Not overruled or negatively treated on appealinfoCoverage
Appellate Division of the Supreme Court of New York, Third DepartmentMay 1, 1940
259 App. Div. 937 (N.Y. App. Div. 1940)

May 1, 1940.

Appeal from County Court of Broome County.

Present — Hill, P.J., Crapser, Heffernan, Schenck and Foster, JJ.

The action is on a promissory note. On November 10, 1931, defendant gave to plaintiff's intestate his promissory note for $150, payable on demand for rent of premises occupied by defendant and owned by plaintiff's intestate. On July 6, 1937, plaintiff brought action on the note. The material allegations of the complaint except the amount due were admitted.
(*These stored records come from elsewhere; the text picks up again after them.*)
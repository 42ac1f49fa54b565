-- ===== src/Rest/Adsb/Weights.antt =====
-- What the ADS-B endpoint of server/src/rest/api/adsb.rs adds to a measure of the history.
use svc_telemetry.Base.{ℕ, ◌+◌, ◌≤◌, arith, Bool-cases, inl, inr, ok_or, length, ◌==◌}
use svc_telemetry.World.{Bytes, Event, insert, publish, Io, ◌>>=◌, or_err, pipeline}
use svc_telemetry.World.Tally.{
  quiet_rules, tally, IsQuiet, Adds, IsQuiet-Adds, bind-Adds, quiet_bind-Adds, lift-IsQuiet,
}
use svc_telemetry.Amqp.{exchange_name_telemetry, routing_key_adsb}
use svc_telemetry.Cache.{TelemetryPools, bytes_to_key}
use svc_telemetry.Cache.Pool.{increment}
use svc_telemetry.Cache.Pool.Pipelines.{increment_steps, increment_history}
use svc_telemetry.Cache.Pool.Quiet.{IsIdle}
use svc_telemetry.Msg.Adsb.{Libm, get_adsb_icao_address, get_adsb_message_type}
use svc_telemetry.Msg.Netrid.Clock.{Chrono}
use svc_telemetry.Rest.Status.{StatusCode, bad_request, internal_server_error}
use svc_telemetry.Rest.Service.{Service}
use svc_telemetry.Rest.Adsb.Push.{
  AdsbDeku, Me, identification, airborne_position, velocity, unrecognized, Packet, not_adsb,
  adsb_format,
}
use svc_telemetry.Rest.Adsb.Push.Quiet.{
  gis_identifier_push-IsQuiet, gis_position_push-IsQuiet, gis_velocity_push-IsQuiet,
  set_cpr-IsQuiet,
}
use svc_telemetry.Rest.Adsb.Stored.{unpacked}
use svc_telemetry.Rest.Adsb.{
  process_me, store_packet, process_frame, process_packet, on_count, adsb, cache_expire_ms_adsb,
}

-- The weight of the message and of the record for svc-storage is at most `n`.
abbrev pub IsLight : (Event → ℕ) → Bytes → ℕ → Type 0
IsLight weigh payload n =
    (icao : ℕ)
    → weigh (insert icao (get_adsb_message_type payload) payload)
        + weigh (publish exchange_name_telemetry routing_key_adsb payload)
      ≤ n

module _ (ch : Chrono) (sv : Service ch) (lib : Libm) (deku : AdsbDeku) (weigh : Event → ℕ)
    (idle : IsIdle sv.backends weigh) where
  process_me-IsQuiet :
      (pools : TelemetryPools) (icao : ℕ) (me : Me)
      → IsQuiet weigh (process_me ch sv lib deku pools icao me)
  unfolding process_me
  process_me-IsQuiet pools icao (identification tc ca cn) =
      search (quiet_rules, gis_identifier_push-IsQuiet ch sv lib deku weigh idle)
  process_me-IsQuiet pools icao (airborne_position f lat lon alt) = search (
    quiet_rules,
    gis_position_push-IsQuiet ch sv lib deku weigh idle,
    set_cpr-IsQuiet ch sv lib deku weigh idle,
  )
  process_me-IsQuiet pools icao (velocity st sub sign v) =
      search (quiet_rules, gis_velocity_push-IsQuiet ch sv lib deku weigh idle)
  process_me-IsQuiet pools icao unrecognized = lift-IsQuiet weigh _

  store_packet-Adds :
      (icao : ℕ) (payload : Bytes) (count n : ℕ)
      → IsLight weigh payload n
      → Adds weigh n (store_packet ch sv lib deku icao payload count)
  unfolding Adds store_packet tally
  store_packet-Adds icao payload count n light h = ground (arith, light icao)

  process_frame-Adds :
      (pools : TelemetryPools) (payload : Bytes) (count n : ℕ) (p : Packet)
      → IsLight weigh payload n
      → Adds weigh n (process_frame ch sv lib deku pools payload count p)
  unfolding process_frame
  process_frame-Adds pools payload count n not_adsb light =
      IsQuiet-Adds weigh _ n (lift-IsQuiet weigh _)
  process_frame-Adds pools payload count n (adsb_format address me) light =
      let icao = get_adsb_icao_address address in
      quiet_bind-Adds weigh (process_me ch sv lib deku pools icao me) _ n
        (process_me-IsQuiet pools icao me) λ u. store_packet-Adds icao payload count n light

  pub process_packet-Adds :
      (pools : TelemetryPools) (payload : Bytes) (count n : ℕ)
      → IsLight weigh payload n
      → Adds weigh n (process_packet ch sv lib deku pools payload count)
  unfolding process_packet
  process_packet-Adds pools payload count n light =
      quiet_bind-Adds weigh _ _ n (lift-IsQuiet weigh (ok_or (deku.from_bytes payload) bad_request))
        λ p. process_frame-Adds pools payload count n p light

  on_count-Adds :
      (count n : ℕ) (p : Io StatusCode ℕ)
      → Adds weigh n p
      → Adds weigh n (on_count ch sv lib deku count p)
  unfolding on_count Adds
  on_count-Adds count n p a h = ground (arith, (a h).0, (a h).1)

  increment-Adds :
      (pools : TelemetryPools) (payload : Bytes)
      → Adds weigh
          (weigh
            (pipeline (increment_steps pools.adsb (bytes_to_key payload) cache_expire_ms_adsb)))
          (or_err {E = StatusCode}
            (increment sv.backends pools.adsb (bytes_to_key payload) cache_expire_ms_adsb)
            internal_server_error)
  unfolding Adds tally
  increment-Adds pools payload h = ground (
    arith,
    increment_history sv.backends pools.adsb (bytes_to_key payload) cache_expire_ms_adsb h,
  )

  counted-Adds :
      (pools : TelemetryPools) (payload : Bytes) (n : ℕ)
      → IsLight weigh payload n
      → Adds weigh
          (weigh (pipeline (increment_steps pools.adsb (bytes_to_key payload) cache_expire_ms_adsb))
            + n)
          (or_err
              (increment sv.backends pools.adsb (bytes_to_key payload) cache_expire_ms_adsb)
              internal_server_error
            >>= λ c. on_count ch sv lib deku c (process_packet ch sv lib deku pools payload c))
  counted-Adds pools payload n light = bind-Adds weigh _ _ _ n (increment-Adds pools payload) λ c.
      on_count-Adds c n (process_packet ch sv lib deku pools payload c)
        (process_packet-Adds pools payload c n light)

  -- A request adds at most the weights of its own increment, message and record.
  pub adsb-Adds :
      (pools : TelemetryPools) (payload : Bytes) (n : ℕ)
      → IsLight weigh payload n
      → Adds weigh
          (weigh (pipeline (increment_steps pools.adsb (bytes_to_key payload) cache_expire_ms_adsb))
            + n)
          (adsb ch sv lib deku pools payload)
  unfolding Adds adsb
  adsb-Adds pools payload n light h = elim (Bool-cases (length payload == 14)) [
    | inl q ↦
        rw (unpacked ch sv lib deku pools payload h (ground arith))
          (counted-Adds pools payload n light h)
    | inr q ↦ rw q (omega arith, omega arith)
  ]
The answer contained a counterclaim to the effect that defendant sold to plaintiff's intestate merchandise of the value of $235. Defendant claimed that this merchandise was left on the premises when he vacated same. The City Court directed judgment in favor of defendant. In reversing the judgment the County Court held that there was no evidence to sustain the finding that plaintiff's intestate ever agreed to accept from defendant the personal property left on the premises by the latter in payment of the unpaid rent evidenced by the promissory note and that plaintiff was entitled to recover the amount of such note. The proof sustains the finding of the County Court. In its judgment the County Court states that the judgment of the City Court is modified by granting judgment to plaintiff. There was no modification of the judgment. The action of the County Court was a reversal of the City Court judgment. The court regrets that it is necessary to call attention to the fact that the attorneys for both parties in their briefs have made references to matters not contained in the record. The judgment of the County Court should be affirmed, with costs. Judgment of the County Court unanimously affirmed, with costs.